Every year, the International Festival of Authors grows in size and scope, featuring both established novelists, poets, playwrights, short story writers and biographers, as well as emerging writers to note. We chatted with a handful of IFOA writers whose work we think you’ll love.

Gwen Benaway is of Anishinaabe and Métis descent. She has published two collections of poetry, Ceremonies for the Dead and Passage, and her third collection, What I Want is Not What I Hope For, is forthcoming in 2018. A two-spirited trans poet, she has been described as the spiritual love child of Tomson Highway and Anne Sexton. In 2015, she was the recipient of the inaugural Speaker’s Award for a Young Author and in 2016 she received a Dayne Ogilvie Honour of Distinction for Emerging Queer Authors from the Writers’ Trust of Canada.

SDTC: Walk us through a typical day in your life.

GB: I live in the Village, so I like to wake up early, wander over to the local Starbucks, and then walk to work. For me, maintaining a regular connection to the landscape I live in is important. Walking is my preferred way of connecting to Toronto and its neighbourhoods.

I work 9-5 so I spend my day alternating between my regular work, writing, and dealing with the business of writing. After work, I tend to be eating with my trans girlfriends or attending community/literary events. My life is very simple. I prefer rhythm and repetition in my life, likely some deep-seated poetic drive. Or I’m boring.

When did you realize you wanted to be a writer?

I always wanted to be a poet. Reading and literature was very much embedded in my life from a young age. Trashy fantasy novels were my first true love and I haven’t left them yet. I was the first person in my family to attend university, which I excelled at, but I ended up breaking from my MA program to work full time. Access to resources for education is something most Indigenous people struggle with. I decided to work rather than continue my education – something I regret but am also grateful for. I work in a community-based field but focus much of my energy on advocating and writing.

I published my first poetry book at twenty-three; I was one of the youngest poets in Canada at the time. I released my second when I was twenty-eight and my third book is coming out next fall. I’ve written a fourth, so I’m not sure where my career will take me, but I enjoy the work of poetry.
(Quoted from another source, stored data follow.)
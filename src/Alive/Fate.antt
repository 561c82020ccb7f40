-- ===== src/Alive/Fate.antt =====
-- What `udplayers_palive` of ntserv/daemon.c makes of a ship's state: a move keeps it, and the other
-- calls keep a living ship alive or let it explode.
use netrek_server.Base.{
  ℕ, ◌≡◌, refl, sym, ap, ◌∙◌, inl, inr, ◌⊎◌, Bool, true, false, not, ◌&&◌, Option, none, some, ltb,
  ltb_ℤ, ◌==◌, ℤ, pos, ◌-ℤ◌, ◌+ℤ◌, if◌then◌else◌, if_both, if_true, put, put_self, put_keeps, loop,
  ◌+◌, ◌*◌,
}
use netrek_server.Game.{Player, Game, Status, alive, explode, is_starbase, max_player}
use netrek_server.Conquest.{p_explosion}
use netrek_server.Blast.{on_ship, killer_credit}
use netrek_server.Upkeep.{
  changedir, fuel_shields, cool_weapons, cool_engines, fuel_cloak, top_off, stop_dry,
  at_fuel_planet, make_fuel, repair_shield, repair_hull, repair_ship, fuel_from_base,
}
use netrek_server.Drive.{
  put_at, hauling, alarm, go_green, Engine, move_in_orbit, steer, limit_speed, run_dry, pay_speed,
  charge_speed, throttle, move_in_space, move_ship, holds, haul, let_go, pull, set_alert,
}
use netrek_server.Alive.{
  Delays, Drive, ghosttime, patience, check_ghostbuster, nearer, credit_enemy, credit_self_destruct,
  is_due, blow_up, self_destruct, is_over, palive_systems, udplayers_palive,
}

-- A state and a timer.
abbrev pub clock : Player → Status × ℤ
clock p = (p.p_status, p.p_explode)

abbrev SameClock : Player → Player → Type 0
SameClock p q = clock q ≡ clock p

changedir_clock : (b : Bool) (p : Player) → SameClock p (changedir b p)
unfolding changedir
changedir_clock b p =
    if_both (SameClock p) (p.p_speed == 0) refl (if_both (SameClock p) _ refl refl)

steer_clock : (e : Engine) (p : Player) → SameClock p (steer e p)
unfolding steer
steer_clock e p = if_both (SameClock p) _ (changedir_clock e.newturn p) refl

limit_speed_clock : (e : Engine) (p : Player) → SameClock p (limit_speed e p)
unfolding limit_speed
limit_speed_clock e p =
    let q =
      if ltb_ℤ (e.top_speed p) p.p_desspeed then record p { p_desspeed = e.top_speed p } else p in
    let same : SameClock p q =
      if_both (SameClock p) (ltb_ℤ (e.top_speed p) p.p_desspeed) refl refl in
    if_both (SameClock p) p.p_flags.eng same same

run_dry_clock : (p : Player) → SameClock p (run_dry p)
unfolding run_dry
run_dry_clock p = refl

pay_speed_clock : (e : Engine) (ps : ℕ → Player) (p : Player) → SameClock p (pay_speed e ps p)
unfolding pay_speed
pay_speed_clock e ps p = if_both (SameClock p) (is_starbase p.p_ship.s_type) refl refl

charge_speed_clock : (e : Engine) (ps : ℕ → Player) (p : Player) → SameClock p (charge_speed e ps p)
unfolding charge_speed
charge_speed_clock e ps p =
    if_both (SameClock p) (ltb_ℤ p.p_fuel (pos (p.p_ship.s_warpcost * p.p_speed))) (run_dry_clock p)
      (pay_speed_clock e ps p)

throttle_clock : (p : Player) → SameClock p (throttle p)
unfolding throttle
throttle_clock p = if_both (SameClock p) _ refl refl

move_in_space_clock :
    (e : Engine) (ps : ℕ → Player) (p : Player) → SameClock p (move_in_space e ps p)
unfolding move_in_space
move_in_space_clock e ps p =
    let q = steer e p in
    let l = limit_speed e q in
    let c = charge_speed e ps l in
    if_both (SameClock p) q.p_flags.twarp (steer_clock e p)
      (throttle_clock c ∙ charge_speed_clock e ps l ∙ limit_speed_clock e q ∙ steer_clock e p)

-- A move keeps the state and the timer.
pub clock-move_ship :
    (e : Engine) (i : ℕ) (g : Game) → clock ((move_ship e i g).players i) ≡ clock (g.players i)
unfolding move_ship move_in_orbit
clock-move_ship e i g =
    let p = g.players i in
    if_both (λ (h : Game). clock (h.players i) ≡ clock p) (p.p_flags.orbit && not p.p_flags.dock)
      (put_keeps clock g.players i (move_in_orbit e (g.planets p.p_planet) p) i refl)
      (if_both (λ (h : Game). clock (h.players i) ≡ clock p) (not p.p_flags.dock)
        (put_keeps clock g.players i (move_in_space e g.players p) i
          (move_in_space_clock e g.players p))
        refl)

abbrev SameStatus : Player → Player → Type 0
SameStatus p q = q.p_status ≡ p.p_status

-- The state of player `i`, through a change of player `k`.
status_on_ship :
    (k i : ℕ) (f : Player → Player) (g : Game)
    → SameStatus (g.players k) (f (g.players k))
    → ((on_ship k f g).players i).p_status ≡ (g.players i).p_status
status_on_ship k i f g e = put_keeps (λ (p : Player). p.p_status) g.players k (f (g.players k)) i e

settled_status : (p : Player) → SameStatus p (stop_dry (top_off p))
unfolding stop_dry top_off
settled_status p =
    let q =
      if ltb_ℤ (pos p.p_ship.s_maxfuel) p.p_fuel
      then record p { p_fuel = pos p.p_ship.s_maxfuel }
      else p in
    let same : SameStatus p q =
      if_both (SameStatus p) (ltb_ℤ (pos p.p_ship.s_maxfuel) p.p_fuel) refl refl in
    if_both (SameStatus p) (ltb_ℤ q.p_fuel (pos 0)) same same

make_fuel_status :
    (j i : ℕ) (g : Game) → ((make_fuel j g).players i).p_status ≡ (g.players i).p_status
unfolding make_fuel
make_fuel_status j i g =
    let p = g.players j in
    let b = p.p_dock_with in
    let ship = record p { p_fuel = p.p_fuel +ℤ pos (2 * p.p_ship.s_recharge) } in
    let base = g.players b in
    let fc = fuel_from_base ship base in
    let given = record base { p_fuel = base.p_fuel -ℤ fc } in
    let fed = record ship { p_fuel = ship.p_fuel +ℤ pos (6 * p.p_ship.s_recharge) } in
    let filled = record ship { p_fuel = ship.p_fuel +ℤ fc } in
    let base_kept : (k : ℕ) → SameStatus (g.players k) (put g.players b given k) =
      λ k. put_keeps (λ (x : Player). x.p_status) g.players b given k refl in
    if_both (λ (h : Game). SameStatus (g.players i) (h.players i)) (at_fuel_planet g p)
      (put_keeps (λ (x : Player). x.p_status) g.players j (stop_dry (top_off fed)) i
        (settled_status fed))
      (put_keeps (λ (x : Player). x.p_status) (put g.players b given) j (stop_dry (top_off filled))
          i (settled_status filled ∙ sym (base_kept j))
        ∙ base_kept i)

cool_weapons_status : (a b : ℕ) (p : Player) → SameStatus p (cool_weapons a b p)
unfolding cool_weapons
cool_weapons_status a b p =
    if_both (SameStatus p) p.p_flags.wep refl (if_both (SameStatus p) _ refl refl)

cool_engines_status : (a b : ℕ) (p : Player) → SameStatus p (cool_engines a b p)
unfolding cool_engines
cool_engines_status a b p =
    if_both (SameStatus p) p.p_flags.eng refl (if_both (SameStatus p) _ refl refl)

fuel_cloak_status : (p : Player) → SameStatus p (fuel_cloak p)
unfolding fuel_cloak
fuel_cloak_status p =
    if_both (SameStatus p) p.p_flags.cloak (if_both (SameStatus p) _ refl refl) refl

fuel_shields_status : (p : Player) → SameStatus p (fuel_shields p)
unfolding fuel_shields
fuel_shields_status p = if_both (SameStatus p) p.p_flags.shield refl refl

repair_status : (g : Game) (p : Player) → SameStatus p (repair_ship g p)
unfolding repair_ship repair_hull repair_shield
repair_status g p =
    let x = repair_shield g p in
    let half : SameStatus p x.1 =
      if_both (λ (y : ℕ × Player). SameStatus p y.1) (ltb p.p_shield p.p_ship.s_maxshield) refl
        refl in
    if_both (SameStatus p) (not (x.1.p_damage == 0) && not x.1.p_flags.shield) half half

haul_status : (e : Engine) (j i : ℕ) (g : Game) → SameStatus (g.players i) ((haul e j g).players i)
unfolding haul
haul_status e j i g =
    let p = g.players j in
    let q = g.players p.p_tractor in
    let press = p.p_flags.press in
    let adrift =
      on_ship p.p_tractor (λ x. record x { p_flags = record (x.p_flags) { orbit = false } }) g in
    let moved =
      on_ship j (λ x. put_at (e.pull_x press p q) (e.pull_y press p q) (hauling x)) adrift in
    status_on_ship p.p_tractor i (λ x. put_at (e.drag_x press p q) (e.drag_y press p q) x) moved
      refl
    ∙ status_on_ship j i (λ x. put_at (e.pull_x press p q) (e.pull_y press p q) (hauling x)) adrift
        refl
    ∙ status_on_ship p.p_tractor i
        (λ x. record x { p_flags = record (x.p_flags) { orbit = false } }) g refl

pull_status :
    (e : Engine) (j i : ℕ) (g : Game) → ((pull e j g).players i).p_status ≡ (g.players i).p_status
unfolding pull haul
pull_status e j i g =
    let P = λ (h : Game). SameStatus (g.players i) (h.players i) in
    if_both P (not (g.players j).p_flags.tract) refl
      (if_both P (holds g j) (haul_status e j i g) (status_on_ship j i let_go g refl))

alert_status :
    (b : Bool) (j i : ℕ) (g : Game) → SameStatus (g.players i) ((set_alert b j g).players i)
unfolding set_alert
alert_status b j i g =
    status_on_ship j i
      (λ p. record p { p_flags = loop max_player 0 (alarm b g j) (go_green p.p_flags) }) g refl

-- Alive, or exploding.
abbrev pub IsShip : Status → Type 0
IsShip s = (s ≡ alive) ⊎ (s ≡ explode)

IsShip-same : (s t : Status) → t ≡ s → IsShip s → IsShip t
IsShip-same s t e (inl a) = inl (e ∙ a)
IsShip-same s t e (inr x) = inr (e ∙ x)

check_ghostbuster-Ship :
    (d : Delays) (p : Player) → IsShip p.p_status → IsShip (check_ghostbuster d p).p_status
unfolding check_ghostbuster p_explosion
check_ghostbuster-Ship d p s =
    if_both (λ (q : Player). IsShip q.p_status) (ltb (ghosttime d) (patience p).p_ghostbuster)
      (inr refl) s

credit_enemy_status :
    (o : Option ℕ) (j i : ℕ) (g : Game) → SameStatus (g.players i) ((credit_enemy o j g).players i)
unfolding credit_enemy killer_credit
credit_enemy_status none j i g = refl
credit_enemy_status (some k) j i g = status_on_ship k i (λ q. killer_credit q (g.players j)) g refl

self_destruct-Ship :
    (v : Drive) (i : ℕ) (g : Game)
    → IsShip (g.players i).p_status
    → IsShip ((self_destruct v i g).players i).p_status
unfolding self_destruct credit_self_destruct p_explosion
self_destruct-Ship v i g s =
    let P = λ (h : Game). IsShip (h.players i).p_status in
    let ended = on_ship i blow_up g in
    let gone : (ended.players i).p_status ≡ explode =
      ap (λ (p : Player). p.p_status) (put_self g.players i (blow_up (g.players i))) in
    if_both P (is_due (g.players i))
      (if_both P v.self_destruct_credit
        (inr (
          credit_enemy_status (loop max_player 0 (nearer v ended i) (200000, none)).1 i i ended
          ∙ gone))
        (inr gone))
      s

palive_systems-Ship :
    (d : Delays) (b : Bool) (v : Drive) (i : ℕ) (g : Game)
    → IsShip (g.players i).p_status
    → IsShip ((palive_systems d b v i g).players i).p_status
unfolding palive_systems
palive_systems-Ship d b v i g s =
    let checked = on_ship i (check_ghostbuster d) g in
    let counted = on_ship i (λ p. record p { p_updates = p.p_updates + 1 }) checked in
    let shielded = on_ship i fuel_shields counted in
    let pulled = pull v.engine i shielded in
    let cool = on_ship i (cool_weapons v.wep_chance v.wep_span) pulled in
    let cooler = on_ship i (cool_engines v.eng_chance v.eng_span) cool in
    let cloaked = on_ship i fuel_cloak cooler in
    let fuelled = make_fuel i cloaked in
    let mended = on_ship i (repair_ship fuelled) fuelled in
    let alert = set_alert b i mended in
    let first : IsShip (checked.players i).p_status =
      IsShip-same (check_ghostbuster d (g.players i)).p_status (checked.players i).p_status
        (ap (λ (p : Player). p.p_status) (put_self g.players i (check_ghostbuster d (g.players i))))
        (check_ghostbuster-Ship d (g.players i) s) in
    let kept : SameStatus (checked.players i) (alert.players i) =
      alert_status b i i mended
      ∙ status_on_ship i i (repair_ship fuelled) fuelled (repair_status fuelled (fuelled.players i))
      ∙ make_fuel_status i i cloaked
      ∙ status_on_ship i i fuel_cloak cooler (fuel_cloak_status (cooler.players i))
      ∙ status_on_ship i i (cool_engines v.eng_chance v.eng_span) cool
          (cool_engines_status v.eng_chance v.eng_span (cool.players i))
      ∙ status_on_ship i i (cool_weapons v.wep_chance v.wep_span) pulled
          (cool_weapons_status v.wep_chance v.wep_span (pulled.players i))
      ∙ pull_status v.engine i i shielded
      ∙ status_on_ship i i fuel_shields counted (fuel_shields_status (counted.players i))
      ∙ status_on_ship i i (λ p. record p { p_updates = p.p_updates + 1 }) checked refl in
    self_destruct-Ship v i alert
      (IsShip-same (checked.players i).p_status (alert.players i).p_status kept first)

-- A living ship stays alive or explodes.
pub palive-Ship :
    (d : Delays) (b : Bool) (v : Drive) (i : ℕ) (g : Game)
    → (g.players i).p_status ≡ alive
    → IsShip ((udplayers_palive d b v i g).players i).p_status
unfolding udplayers_palive
palive-Ship d b v i g e =
    let moved = move_ship v.engine i g in
    let lives : (moved.players i).p_status ≡ alive =
      ap (λ (x : Status × ℤ). x.0) (clock-move_ship v.engine i g) ∙ e in
    if_both (λ (h : Game). IsShip (h.players i).p_status) (is_over (moved.players i).p_status)
      (inl lives) (palive_systems-Ship d b v i moved (inl lives))

-- One that explodes, or is dead, is only moved.
pub palive_over :
    (d : Delays) (b : Bool) (v : Drive) (i : ℕ) (g : Game)
    → is_over (g.players i).p_status ≡ true
    → clock ((udplayers_palive d b v i g).players i) ≡ clock (g.players i)
unfolding udplayers_palive
palive_over d b v i g e =
    let moved = move_ship v.engine i g in
    let kept = clock-move_ship v.engine i g in
    ap (λ (h : Game). clock (h.players i))
      (if_true (is_over (moved.players i).p_status) moved (palive_systems d b v i moved)
        (ap (λ (x : Status × ℤ). is_over x.0) kept ∙ e))
    ∙ kept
I use poetry to push social boundaries, to explore new landscapes, and to humanize the experience of being an Indigenous trans woman. I am considered a confessional poet, a poet who writes from the intimate and everyday aspects of life. I often write about hard topics as well as my relationships. I see poetry and my work as a way to create space for Indigenous women, trans women, and everyone who lives on the messy margins of the normal.

Best advice to other young women wanting to get their work published?

I tell people to focus on their craft. Read people in your field who are writing in your genre. If you don’t read, you can’t write. Start with literary magazines and work your way out. Look for anthologies and other venues for emerging writers.

Don’t assume publishing will change your life. Publishing is a small part of being a writer, and you don’t need to be published in order to write well. The real work of a writer is on the page; build a connection to the page first and everything else comes from that bond. If you write because you want to published, you will quickly get burned out. Only the work can sustain you.

What literary trends are you loving? Which ones are you loathing?

I’m into the work of other Indigenous writers, like Alicia Elliot, Joshua Whitehead, Billy Ray Belcourt, Samantha Mock, Arielle Twist and Lindsay Nixon. Other trans girl writers, such as Casey Plett, Kai Cheng Thom, Jia Qing Wilson-Yang and many others, are the woman I look to in the literary world for hope. Emerging Black writers – Whitney French, Canisia Lubrin, and Cason Sharpe – are also exciting me. I really appreciate the development of more diverse, empowered voices from communities that haven’t traditionally had access to literary markets.

I continue to loathe the lack of diversity in Canadian literature. I’m frustrated by the ongoing anti-Indigenous and anti-Black sentiments that are part of the Canadian literary politics. I despise writing that doesn’t examine or question systems of power and privilege. Poetry that is inaccessible to most readers, poetry that performs “smartness” or poetry that is disconnected from the real world is bad poetry. If your poetry is not bent towards liberation, I don’t want to read it.

What should we be paying more attention to?

We should be paying more attention to the writers I’ve mentioned so far. We should be paying more attention to the ongoing legacy of racism in Canada. We should be paying more attention to potential of poetry to elevate conversations, bring us into joy, and transform our perspectives on the world.

What is your next project?

I’m currently editing my fourth book, Aperture Horizon, which sounds like a terrible book of poetry. It’s a single long-form poem about image, love and the complexity of intimacy between two people of different genders, races and bodies.

IFOA takes place at Harbourfront Centre (235 Queen’s Quay W) from October 19 to 29.